--- What is required ---
Take every line from the listing below that includes "unfoldable" and copy it.

--- Extracted information ---
-- ===== src/Discovery.antt =====
-- internal/discovery/discovery.go: the announcements that instances on the network hear of each
-- other, and the election of an orchestrator among them. A score, a float64 that is no NaN, stands
-- as its place among those, and a time is a number of nanoseconds.
pub mod Ranks
pub mod Election
pub mod Seen
pub mod Replay
use m_aistr.Prelude.{
  ℕ, ◌+◌, ◌==◌, ltb, leb, String, str_eq, Bool, true, false, not, ◌&&◌, ◌||◌, Option, none, some,
  List, [], ◌∷◌, is_empty, any, select, length, if◌then◌else◌,
}
use m_aistr.Prelude.Text.{str_lt}
use m_aistr.Prelude.Dict.{Dict, get, get_or, has, put, delete}

pub record Announcement : Type 0 where
  pub role : String
  pub id : String
  pub http_addr : String
  pub peer_addr : String
  pub score : ℕ
  pub members : ℕ
  pub elected : Bool
  pub orchestrator_id : String
  pub issued_at : ℕ
  pub hmac : String

pub record Peer : Type 0 where
  pub announcement : Announcement
  pub last_seen : ℕ

unfoldable pub outranks : Announcement → Announcement → Bool
outranks candidate incumbent =
    ltb incumbent.score candidate.score
    || ((candidate.score == incumbent.score) && str_lt candidate.id incumbent.id)

abbrev pub is_orchestrator : Peer → Bool
is_orchestrator p = str_eq p.announcement.role "orchestrator"

abbrev pub may_lead : Peer → Bool
may_lead p = is_orchestrator p || str_eq p.announcement.role "candidate"

-- BestActiveOrchestrator; the best so far is none while none is found.
better_active : Option Peer → Peer → Option Peer
better_active none p = some p
better_active (some best) p =
    if ltb best.announcement.score p.announcement.score
      || ((p.announcement.score == best.announcement.score)
          && str_lt p.announcement.id best.announcement.id)
    then some p
    else some best

best_active_from : Option Peer → List Peer → Option Peer
best_active_from best [] = best
best_active_from best (p ∷ ps) =
    best_active_from (if is_orchestrator p then better_active best p else best) ps

unfoldable pub best_active_orchestrator : List Peer → Option Peer
unfolding better_active best_active_from
best_active_orchestrator peers = best_active_from none peers

-- BestOrchestratorCandidate, whose first best is the instance itself.
unfoldable pub best_orchestrator_candidate : Announcement → List Peer → Announcement
best_orchestrator_candidate best [] = best
best_orchestrator_candidate best (p ∷ ps) =
    best_orchestrator_candidate
      (if may_lead p && outranks p.announcement best then p.announcement else best) ps

unfoldable pub is_best_orchestrator_candidate : Announcement → List Peer → Bool
is_best_orchestrator_candidate self peers =
    str_eq (best_orchestrator_candidate self peers).id self.id

unfoldable pub is_elected_orchestrator : Announcement → List Peer → Bool
is_elected_orchestrator self peers =
    let active = select is_orchestrator peers in
    if ltb 0 (length active)
    then is_best_orchestrator_candidate self active
    else if str_eq self.role "orchestrator"
    then true
    else is_best_orchestrator_candidate self peers

-- The state of a Listener that announcements change. `keyed` says whether it has a key.
pub record Listener : Type 0 where
  pub self_ids : List String
  pub keyed : Bool
  pub last_seen : Dict ℕ
  pub peers : Dict Peer
  pub excluded : List String

-- 15 and 30 seconds.
abbrev pub peer_ttl : ℕ
peer_ttl = 15000000000

abbrev pub max_clock_skew : ℕ
max_clock_skew = 30000000000

-- The entries that are not before the cutoff.
pub prune : ℕ → Dict ℕ → Dict ℕ
prune now [] = []
prune now ((id, timestamp) ∷ seen) =
    let rest = prune now seen in
    if ltb (timestamp + max_clock_skew) now then rest else (id, timestamp) ∷ rest

record_peer : Announcement → ℕ → Listener → Listener
record_peer ann now l =
    if any (λ x. str_eq x ann.id) l.excluded
    then l
    else record l { peers = put ann.id (record { announcement = ann; last_seen = now }) l.peers }

-- `authentic` says whether the code is the HMAC-SHA256 of the announcement without it, under the
-- listener's key.
module _ (authentic : Announcement → Bool) where
  unfoldable pub verify_announcement : Announcement → ℕ → Bool
  verify_announcement ann now =
      not (ann.issued_at == 0)
      && not (ltb (ann.issued_at + max_clock_skew) now)
      && not (ltb (now + max_clock_skew) ann.issued_at)
      && authentic ann

  unfoldable pub accept_announcement : Announcement → ℕ → Listener → Listener × Bool
  unfolding record_peer prune
  accept_announcement ann now l =
      if l.keyed
      then if not (verify_announcement ann now)
        then (l, false)
        else if has ann.id l.last_seen && leb ann.issued_at (get_or 0 ann.id l.last_seen)
        then (l, false)
        else (
          record_peer ann now
              (record l { last_seen = prune now (put ann.id ann.issued_at l.last_seen) }),
          true,
        )
      else (record_peer ann now l, true)

  -- What serve does with an announcement that it has read.
  unfoldable pub hear : Announcement → ℕ → Listener → Listener × Bool
  hear ann now l =
      if is_empty ann.id || any (λ x. str_eq x ann.id) l.self_ids
      then (l, false)
      else accept_announcement ann now l

live_peers : ℕ → List String → Dict Peer → Dict Peer
live_peers now excluded [] = []
live_peers now excluded ((id, p) ∷ peers) =
    let rest = live_peers now excluded peers in
    if any (λ x. str_eq x id) excluded
    then rest
    else if ltb now (p.last_seen + peer_ttl)
    then (id, p) ∷ rest
    else rest

values : Dict Peer → List Peer
values [] = []
values ((id, p) ∷ peers) = p ∷ values peers

-- Snapshot, which also forgets the peers that it does not return.
unfoldable pub snapshot : ℕ → Listener → Listener × List Peer
unfolding live_peers values
snapshot now l =
    let peers = live_peers now l.excluded l.peers in (record l { peers = peers }, values peers)

unfoldable pub exclude_peer : String → Listener → Listener
exclude_peer id l =
    if is_empty id then l else record l { excluded = id ∷ l.excluded; peers = delete id l.peers }

unfoldable pub include_peer : String → Listener → Listener
include_peer id l =
    if is_empty id then l else record l { excluded = select (λ x. not (str_eq x id)) l.excluded }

--- Solution to this task ---
unfoldable pub outranks : Announcement → Announcement → Bool
unfoldable pub best_active_orchestrator : List Peer → Option Peer
unfoldable pub best_orchestrator_candidate : Announcement → List Peer → Announcement
unfoldable pub is_best_orchestrator_candidate : Announcement → List Peer → Bool
unfoldable pub is_elected_orchestrator : Announcement → List Peer → Bool
  unfoldable pub verify_announcement : Announcement → ℕ → Bool
  unfoldable pub accept_announcement : Announcement → ℕ → Listener → Listener × Bool
  unfoldable pub hear : Announcement → ℕ → Listener → Listener × Bool
unfoldable pub snapshot : ℕ → Listener → Listener × List Peer
unfoldable pub exclude_peer : String → Listener → Listener
unfoldable pub include_peer : String → Listener → Listener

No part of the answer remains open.